### WHAT NEEDS TO BE DONE
Take the line with "(src : Bytes)" and every line after it in the data. Transcribe them exactly, through the last.

╭─ SUPPLIED DATA

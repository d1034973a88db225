-- ===== src/Uuencode/Decode/Reference.antt =====
-- `decode_base64` of src/uuencode.c against a decoder without nested loops: the characters outside
-- the table are dropped first, and the values that remain are cut into groups.
use gst_playd.Base.{ℕ, zero, suc, ◌+◌, ◌<◌, ◌≡◌, ◌≢◌, refl, ap, ◌∙◌, sym, arith, true, false}
use gst_playd.Base.{All-append, IsText}
use gst_playd.Base.{none, some, List, [], ◌∷◌, ◌++◌, Bytes, length, ltb, ◌==◌, append_assoc}
use gst_playd.Base.{Option-cases, inl, inr, length-append, append-nil, if◌then◌else◌}
use native.Mathlib.Decide.{ℕ_discrete, dec_lt}
use gst_playd.Uuencode.{uuenc_tbl_base64}
use gst_playd.Uuencode.Decode.{
  strchr, Fetched, group, ended, fetch, join_sextets, undecoded, decode_loop, decode_base64,
}
use gst_playd.Uuencode.Decode.Bounds.{Costs, fetch-Costs}
use gst_playd.Uuencode.Decode.Sextets.{
  joined, left_over, AreSextets, join_sextets-joined, undecoded-left_over, strchr-value,
}
use gst_playd.Uuencode.Decode.Step.{fetch_skip, fetch_pad, fetch_more, fetch_full}

-- The values of the characters that are in the table.
abbrev pub table_values : Bytes → List ℕ
table_values [] = []
table_values (ch ∷ src) = elim (strchr uuenc_tbl_base64 ch) [
  | none ↦ table_values src
  | some i ↦ i ∷ table_values src
]

-- The bytes of the groups, of which the first has begun with `six_bit`: four values are a group, and
-- the termination character ends one. A group that does not end has no bytes.
abbrev pub decoded : List ℕ → List ℕ → Bytes
decoded six_bit [] = []
decoded six_bit (i ∷ values) =
    let whole = decoded [] values in
    let more = decoded (six_bit ++ i ∷ []) values in
    if i == 64
    then joined six_bit ++ whole
    else if ltb (length six_bit + 1) 4
    then more
    else joined (six_bit ++ i ∷ []) ++ whole

-- The text behind the last group that has ended, where another has begun, and else the NUL;
-- `six_bit` has begun in `tail`.
abbrev pub unfinished : List ℕ → Bytes → Bytes → Bytes
unfinished six_bit tail [] = left_over six_bit tail
unfinished six_bit tail (ch ∷ src) =
    let whole = unfinished [] src src in
    elim (strchr uuenc_tbl_base64 ch) [
      | none ↦ unfinished six_bit tail src
      | some i ↦
          if i == 64
          then whole
          else if ltb (length six_bit + 1) 4
          then unfinished (six_bit ++ i ∷ []) tail src
          else whole
    ]

-- What a fetch has found agrees with the reference.
Agrees : List ℕ → Bytes → Bytes → Fetched → Type 0
Agrees six_bit tail src (group s rest) =
    (decoded six_bit (table_values src) ≡ join_sextets s ++ decoded [] (table_values rest))
    × (unfinished six_bit tail src ≡ unfinished [] rest rest)
    × IsText rest
Agrees six_bit tail src (ended s) =
    (decoded six_bit (table_values src) ≡ []) × (unfinished six_bit tail src ≡ undecoded s tail)

Agrees-along :
    (six six' : List ℕ) (tail src src' : Bytes) (f : Fetched)
    → decoded six (table_values src) ≡ decoded six' (table_values src')
    → unfinished six tail src ≡ unfinished six' tail src'
    → Agrees six' tail src' f
    → Agrees six tail src f
unfolding Agrees
Agrees-along six six' tail src src' (group s rest) d u (e, e', text) = (d ∙ e, u ∙ e', text)
Agrees-along six six' tail src src' (ended s) d u (e, e') = (d ∙ e, u ∙ e')

fetch-Agrees_value :
    (six_bit : List ℕ) (ch : ℕ) (tail src : Bytes) (i : ℕ)
    → length six_bit < 4
    → AreSextets six_bit
    → ch ≢ 0
    → IsText src
    → strchr uuenc_tbl_base64 ch ≡ some i
    → ((six : List ℕ) → length six < 4 → AreSextets six → Agrees six tail src (fetch six src))
    → Agrees six_bit tail (ch ∷ src) (fetch six_bit (ch ∷ src))
unfolding Agrees
fetch-Agrees_value six_bit ch tail src i h small nonzero text e ih = elim (ℕ_discrete i 64) [
  | yes p ↦
      let pad : (i == 64) ≡ true = ground arith in
      rw (fetch_pad six_bit ch src (e ∙ ap some p)) (
        rw (table_values, e, decoded, pad, join_sextets-joined six_bit small) refl,
        rw (unfinished, e, pad) refl,
        text,
      )
  | no p ↦
      let value : (i == 64) ≡ false = ground arith in
      elim (dec_lt (length six_bit) 3) [
        | yes q ↦
            let room : ltb (length six_bit + 1) 4 ≡ true = ground arith in
            rw (fetch_more six_bit ch src i e p q) (
              Agrees-along six_bit (six_bit ++ i ∷ []) tail (ch ∷ src) src _
                (rw (table_values, e, decoded, value, room) refl)
                (rw (unfinished, e, value, room) refl)
                (ih (six_bit ++ i ∷ []) (omega (arith, longer)) (still p)))
        | no q ↦
            let full : ltb (length six_bit + 1) 4 ≡ false = ground arith in
            rw (fetch_full six_bit ch src i e p (omega arith)) (
              rw
                  (
                    table_values,
                    e,
                    decoded,
                    value,
                    full,
                    join_sextets-joined (six_bit ++ i ∷ []) (still p),
                  )
                  refl,
              rw (unfinished, e, value, full) refl,
              text,
            )
      ]
]
  where
    longer : length (six_bit ++ i ∷ []) ≡ suc (length six_bit)
    longer = omega (arith, length-append six_bit (i ∷ []))

    still : i ≢ 64 → AreSextets (six_bit ++ i ∷ [])
    still ne = All-append (λ j. j < 64) six_bit (i ∷ []) small (strchr-value ch i nonzero e ne, tt)

fetch-Agrees :
    (six_bit : List ℕ) (tail src : Bytes)
    → length six_bit < 4
    → AreSextets six_bit
    → IsText src
    → Agrees six_bit tail src (fetch six_bit src)
unfolding Agrees
fetch-Agrees six_bit tail [] h small text =
    unfold fetch in (refl, sym (undecoded-left_over six_bit tail))
fetch-Agrees six_bit tail (ch ∷ src) h small (nonzero, text) =
    elim (Option-cases (strchr uuenc_tbl_base64 ch)) [
      | inl e ↦ rw (fetch_skip six_bit ch src e) (
          Agrees-along six_bit six_bit tail (ch ∷ src) src _ (rw (table_values, e) refl)
            (rw (unfinished, e) refl) (fetch-Agrees six_bit tail src h small text))
      | inr (i, e) ↦
          fetch-Agrees_value six_bit ch tail src i h small nonzero text e
            (λ six below are. fetch-Agrees six tail src below are text)
    ]

decode_loop-decoded :
    (fuel : ℕ) (dst src : Bytes)
    → length src < fuel
    → IsText src
    → decode_loop fuel dst src ≡ some (dst ++ decoded [] (table_values src), unfinished [] src src)
unfolding decode_loop Agrees
decode_loop-decoded zero dst src h is_text = absurd (omega arith)
decode_loop-decoded (suc fuel) dst src h is_text =
    go (fetch [] src) refl (fetch-Costs [] src (omega arith))
      (fetch-Agrees [] src src (omega arith) tt is_text) (decode_loop-decoded fuel)
  where
    go :
        (f : Fetched)
        → fetch [] src ≡ f
        → Costs 0 (length src) f
        → Agrees [] src src f
        → ((d s : Bytes)
            → length s < fuel
            → IsText s
            → decode_loop fuel d s ≡ some (d ++ decoded [] (table_values s), unfinished [] s s))
        → decode_loop (suc fuel) dst src
          ≡ some (dst ++ decoded [] (table_values src), unfinished [] src src)
    go (ended six_bit) e costs (bytes, rest) ih = rw (decode_loop, e, bytes, rest, append-nil) refl
    go (group six_bit r) e costs (bytes, rest, text) ih =
        rw (decode_loop, e, bytes, rest)
          (ih (dst ++ join_sextets six_bit) r (omega arith) text
            ∙ rw (append_assoc dst (join_sextets six_bit) (decoded [] (table_values r))))

-- On any C string, `decode_base64` stores the bytes of the groups into which the values of the
-- characters in the table are cut, the bits of the values of a group side by side, and returns the
-- text behind the last group that has ended, where another has begun, and else the NUL.
pub decode_base64-decoded :
    (src : Bytes)
    → IsText src
    → decode_base64 src ≡ some (decoded [] (table_values src), unfinished [] src src)
unfolding decode_base64
decode_base64-decoded src text = decode_loop-decoded (suc (length src)) [] src (omega arith) text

╰─

### EXERCISE SOLUTION
    (src : Bytes)
    → IsText src
    → decode_base64 src ≡ some (decoded [] (table_values src), unfinished [] src src)
unfolding decode_base64
decode_base64-decoded src text = decode_loop-decoded (suc (length src)) [] src (omega arith) text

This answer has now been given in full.